Russ, just checked: 1st to 30 Sept.... CC SeaFrance £100 (out 1300 back 1000)

Using Brownhills gold card ref, £90 with SeaFrance, same times as above


----------



## Telbell (May 1, 2005)

Still think you should get it cheaper than that if you wait awhile


----------



## hymerbug (Jan 10, 2006)

hi russ, just booked today over phone with caravan club.
P& O ferry out march 26th 2007 return june 30th. 2007

price paid for 7.7 motorhome and 2 adults was £50.33

colin.


----------



## Telbell (May 1, 2005)

They've dsome down even more then-get in there quick Russ.

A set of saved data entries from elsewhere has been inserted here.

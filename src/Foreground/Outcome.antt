-- ===== src/Foreground/Outcome.antt =====
-- The outcome of a foreground cycle (`runCoordinatedForegroundSyncCycle`).
use mathlib.Core.Bool.{true≢false}
use autoreas_mobile.Prelude.{
  ℕ, ◌+◌, ◌<◌, Bool, true, false, ◌≡◌, refl, sym, arith, Bool-cases, inl, inr, if◌then◌else◌,
}
use autoreas_mobile.Database.{Database}
use autoreas_mobile.Connection.{
  Connection, SyncConnectionStatus, idle, online, CycleFailure, mark_sync_connection_succeeded,
  mark_sync_connection_failed, publish_sync_connection_attempt, begin_sync_connection_attempt,
}
use autoreas_mobile.Cycle.{CycleState, write_failed, IsTimed}
use autoreas_mobile.Cycle.Chain.{
  js_claim, claimed_chain, run_chain, sync_result, ChainResult, finished, failed, out_of_fuel,
  total_backlog_row_count, outbox_chain_budget_ms, SyncResult, synced_pending, sync_failed,
  sync_out_of_fuel, SyncPendingOperationsResult, sync_pending_operations,
}
use autoreas_mobile.Cycle.Ends.Rounds.{IsOver, chain_ends}
use autoreas_mobile.Flush.{SnapshotHealDemand}
use autoreas_mobile.Runtime.{
  SyncRuntimeStatusPatch, build_sync_attempt_started_patch, build_sync_attempt_succeeded_patch,
}
use autoreas_mobile.Foreground.{
  Pass, Surroundings, Telemetry, ForegroundState, ForegroundResult, cycle_returned, cycle_threw,
  cycle_out_of_fuel, heal_snapshot_on_demand, publish_attempt, publish_failure, cycle_failed,
  run_pass, succeeded_or_failed, settle_cycle, after_pull, after_sends, after_start, failure_of,
  run_coordinated_foreground_sync_cycle,
}
use autoreas_mobile.Foreground.Shown.{
  IsShown, failure_kind, succeeded-IsShown, left_pending-IsShown, failed-IsShown, published-IsShown,
}

module _ (w : Surroundings) where
  publish_failure-IsShown :
      (attempt : ℕ) (error : CycleFailure) (s : ForegroundState)
      → IsShown attempt (failure_kind error) (publish_failure w attempt error s).connection
  unfolding publish_failure
  publish_failure-IsShown attempt error s =
      published-IsShown attempt (failure_kind error) w.failed.meanwhile
        (mark_sync_connection_failed attempt error w.failed.instant) s.connection
        (λ d. failed-IsShown attempt w.failed.instant d error)

  -- What is shown of a cycle whose sends gave a result. A cycle without fuel has no outcome.
  pub IsOutcome : ℕ → SyncResult → ForegroundResult → Type 0
  unfolding IsShown
  IsOutcome attempt sent (cycle_returned count t) =
      (result : SyncPendingOperationsResult) × (c : CycleState) × (sent ≡ synced_pending result c)
      × (count ≡ result.synced_count)
      × IsShown attempt (if result.has_more_pending then idle else online) t.connection
  IsOutcome attempt sent (cycle_threw error t) = IsShown attempt (failure_kind error) t.connection
  IsOutcome attempt sent cycle_out_of_fuel = ⊥

  either-IsOutcome :
      (attempt : ℕ) (sent : SyncResult) (test : Bool) (then_result else_result : ForegroundResult)
      → (test ≡ true → IsOutcome attempt sent then_result)
      → (test ≡ false → IsOutcome attempt sent else_result)
      → IsOutcome attempt sent (if test then then_result else else_result)
  either-IsOutcome attempt sent true then_result else_result holds fails = holds refl
  either-IsOutcome attempt sent false then_result else_result holds fails = fails refl

  cycle_failed-IsOutcome :
      (attempt : ℕ) (sent : SyncResult) (demand : SnapshotHealDemand) (error : CycleFailure)
      (s : ForegroundState)
      → IsOutcome attempt sent (cycle_failed w attempt demand error s)
  unfolding IsOutcome cycle_failed
  cycle_failed-IsOutcome attempt sent demand error s =
      publish_failure-IsShown attempt error
        (heal_snapshot_on_demand w demand w.heal_after_failure s)

  module _ (attempt : ℕ) (telemetry : Telemetry) (patch : SyncRuntimeStatusPatch)
      (publish_connection : Connection → Connection) (s : ForegroundState) where
    pub publish_attempt-db :
        (publish_attempt w attempt telemetry patch publish_connection s).1.db ≡ s.db
    unfolding publish_attempt
    publish_attempt-db =
        elim (Bool-cases
          (publish_sync_connection_attempt attempt telemetry.meanwhile publish_connection
            s.connection).is_persisted) [
              | inr h ↦ rw h refl
              | inl h ↦ elim (Bool-cases telemetry.is_failed) [
                | inl k ↦ rw h (rw k refl)
                | inr k ↦ rw h (rw k refl)
              ]
            ]

    publish_attempt-IsShown :
        (kind : SyncConnectionStatus)
        → ((d : Connection) → IsShown attempt kind (publish_connection d))
        → (publish_attempt w attempt telemetry patch publish_connection s).0 ≡ false
        → IsShown attempt kind
            (publish_attempt w attempt telemetry patch publish_connection s).1.connection
    unfolding publish_attempt
    publish_attempt-IsShown kind shows =
        let shown =
          published-IsShown attempt kind telemetry.meanwhile publish_connection s.connection
            shows in
        elim (Bool-cases
          (publish_sync_connection_attempt attempt telemetry.meanwhile publish_connection
            s.connection).is_persisted) [
              | inr h ↦ rw h (λ went. shown)
              | inl h ↦ elim (Bool-cases telemetry.is_failed) [
                | inl k ↦ rw h (rw k (λ went. absurd (true≢false went)))
                | inr k ↦ rw h (rw k (λ went. shown))
              ]
            ]

  module _ (attempt : ℕ) (demand : SnapshotHealDemand) (result : SyncPendingOperationsResult)
      (c : CycleState) where
    succeeded-IsOutcome :
        (p : Bool × ForegroundState)
        → result.has_more_pending ≡ false
        → (p.0 ≡ false → IsShown attempt online p.1.connection)
        → IsOutcome attempt
            (synced_pending result c)
            (succeeded_or_failed w attempt demand result.synced_count p)
    unfolding IsOutcome succeeded_or_failed
    succeeded-IsOutcome (true, s) nothing_more shown =
        cycle_failed-IsOutcome attempt (synced_pending result c) demand (failure_of w write_failed)
          s
    succeeded-IsOutcome (false, s) nothing_more shown =
        (result, c, refl, refl, rw nothing_more (shown refl))

    settle_cycle-IsOutcome :
        (s : ForegroundState)
        → IsOutcome attempt (synced_pending result c) (settle_cycle w attempt demand result s)
    unfolding IsOutcome settle_cycle
    settle_cycle-IsOutcome s =
        let healed = heal_snapshot_on_demand w demand w.heal s in
        either-IsOutcome attempt (synced_pending result c) result.has_more_pending _ _
          (λ h. (
            result,
            c,
            refl,
            refl,
            rw h (left_pending-IsShown attempt w.succeeded.instant healed.connection),
          ))
          (λ h.
            (succeeded-IsOutcome
              (publish_attempt w attempt w.succeeded
                (build_sync_attempt_succeeded_patch w.succeeded.instant)
                (mark_sync_connection_succeeded attempt w.succeeded.instant) healed)
              h
              (publish_attempt-IsShown attempt w.succeeded
                (build_sync_attempt_succeeded_patch w.succeeded.instant)
                (mark_sync_connection_succeeded attempt w.succeeded.instant) healed online
                (succeeded-IsShown attempt w.succeeded.instant))))

  abbrev pub IsEnded : SyncResult → Type 0
  IsEnded (synced_pending result c) = Unit
  IsEnded (sync_failed error c) = Unit
  IsEnded sync_out_of_fuel = ⊥

  sync_result-IsEnded :
      (pass : Pass) (total : ℕ) (result : ChainResult)
      → IsOver result
      → IsEnded (sync_result pass.world total result)
  sync_result-IsEnded pass total (finished c) over = tt
  sync_result-IsEnded pass total (failed error c) over = tt
  sync_result-IsEnded pass total (out_of_fuel c) over = absurd over

  pub run_pass-IsEnded :
      (pass : Pass) (db : Database)
      → IsTimed pass.world (js_claim pass.claimed_at)
      → outbox_chain_budget_ms < w.fuel
      → IsEnded (run_pass w pass db)
  unfolding sync_pending_operations claimed_chain
  run_pass-IsEnded pass db timed enough =
      let s : CycleState = record { db = db; issued = 0 } in
      let chain = claimed_chain pass.world pass.claimed_at pass.diagnostics s in
      elim (Bool-cases w.is_paired) [
        | inr h ↦ rw h tt
        | inl h ↦ rw h (
            sync_result-IsEnded pass (total_backlog_row_count pass.world pass.claimed_at s)
              (run_chain pass.world w.fuel chain)
              (chain_ends pass.world w.fuel (js_claim pass.claimed_at) chain timed refl refl
                (omega (arith, enough)) (omega (arith, enough))))
      ]

  module _ (demand : SnapshotHealDemand)
      (sends_timed : IsTimed w.sends.world (js_claim w.sends.claimed_at))
      (pull_timed : IsTimed w.pull.world (js_claim w.pull.claimed_at))
      (enough : outbox_chain_budget_ms < w.fuel) where
    after_pull-IsOutcome :
        (attempt : ℕ) (result : SyncPendingOperationsResult) (c : CycleState) (s : ForegroundState)
        (pulled : SyncResult)
        → IsEnded pulled
        → IsOutcome attempt (synced_pending result c) (after_pull w attempt demand result s pulled)
    unfolding after_pull settle_cycle
    after_pull-IsOutcome attempt result c s (synced_pending more d) ended =
        settle_cycle-IsOutcome attempt demand result c (record s { db = d.db })
    after_pull-IsOutcome attempt result c s (sync_failed error d) ended =
        settle_cycle-IsOutcome attempt demand result c (record s { db = d.db })
    after_pull-IsOutcome attempt result c s sync_out_of_fuel ended = absurd ended

    after_sends-IsOutcome :
        (attempt : ℕ) (s : ForegroundState) (sent : SyncResult)
        → IsEnded sent
        → IsOutcome attempt sent (after_sends w attempt demand s sent)
    unfolding after_sends run_pass
    after_sends-IsOutcome attempt s (synced_pending result c) ended =
        let t = record s { db = c.db; connection = w.meanwhile s.connection } in
        either-IsOutcome attempt (synced_pending result c) result.rating_delivered _ _
          (λ h.
            (after_pull-IsOutcome attempt result c t (run_pass w w.pull c.db)
              (run_pass-IsEnded w.pull c.db pull_timed enough)))
          (λ h. settle_cycle-IsOutcome attempt demand result c t)
    after_sends-IsOutcome attempt s (sync_failed error c) ended =
        cycle_failed-IsOutcome attempt (sync_failed error c) demand (failure_of w error)
          (record s { db = c.db; connection = w.meanwhile s.connection })
    after_sends-IsOutcome attempt s sync_out_of_fuel ended = absurd ended

    after_start-IsOutcome :
        (attempt : ℕ) (db : Database) (p : Bool × ForegroundState)
        → p.1.db ≡ db
        → IsOutcome attempt (run_pass w w.sends db) (after_start w attempt demand p)
    unfolding after_start
    after_start-IsOutcome attempt db (true, s) same =
        cycle_failed-IsOutcome attempt (run_pass w w.sends db) demand (failure_of w write_failed) s
    after_start-IsOutcome attempt db (false, s) same = rw (sym same) (
        after_sends-IsOutcome attempt s (run_pass w w.sends s.db)
          (run_pass-IsEnded w.sends s.db sends_timed enough))

    -- A cycle ends, and while its attempt is still the latest the connection shows how: online where
    -- it returned and nothing was left pending, idle where it returned and something was,
    -- unreachable where it threw because the bridge could not be reached, and a rejected sync where it
    -- threw anything else. What it returns is the count of its sends. The fuel is one more than the
    -- budget has milliseconds, and every request takes a millisecond or more.
    pub run_coordinated_foreground_sync_cycle-IsOutcome :
        (s : ForegroundState)
        → IsOutcome
            (s.connection.current + 1)
            (run_pass w w.sends s.db)
            (run_coordinated_foreground_sync_cycle w demand s)
    unfolding run_coordinated_foreground_sync_cycle begin_sync_connection_attempt
    run_coordinated_foreground_sync_cycle-IsOutcome s =
        let begun = begin_sync_connection_attempt s.connection in
        after_start-IsOutcome begun.current s.db
          (publish_attempt w begun.current w.started
            (build_sync_attempt_started_patch w.started.instant) (λ c. c)
            (record s { connection = begun }))
          (publish_attempt-db begun.current w.started
            (build_sync_attempt_started_patch w.started.instant) (λ c. c)
            (record s { connection = begun }))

Is cheaper if you stay over there longer :lol:


----------



## 99532 (Jun 4, 2006)

Hi just booked with AT. SOUTHHAMPTON to Bilboa 28/1/07 to 18/3/07 price £376 return, looking for winter sun can not make my mind up whether to go to Spain or Portugal any sugestions ??

Regards Ray


----------



## MOTORHOMER (May 9, 2005)

RAYOW said:


> Hi just booked with AT. SOUTHHAMPTON to Bilboa 28/1/07 to 18/3/07 price £376 return, looking for winter sun can not make my mind up whether to go to Spain or Portugal any sugestions ??
> 
> Regards Ray


hello ray

I hope you dont turn up at Southampton. Its Portsmouth Bilbao.

Motorhomer


----------



## 99532 (Jun 4, 2006)

Hi must have had a saga moment ha ha thanks Ray


----------



## MOTORHOMER (May 9, 2005)

RAYOW said:


> Hi must have had a saga moment ha ha thanks Ray


Plenty of them floating around at the moment.

Motorhomer


----------



## 99532 (Jun 4, 2006)

Hi must have had a saga moment ha ha thanks Ray


----------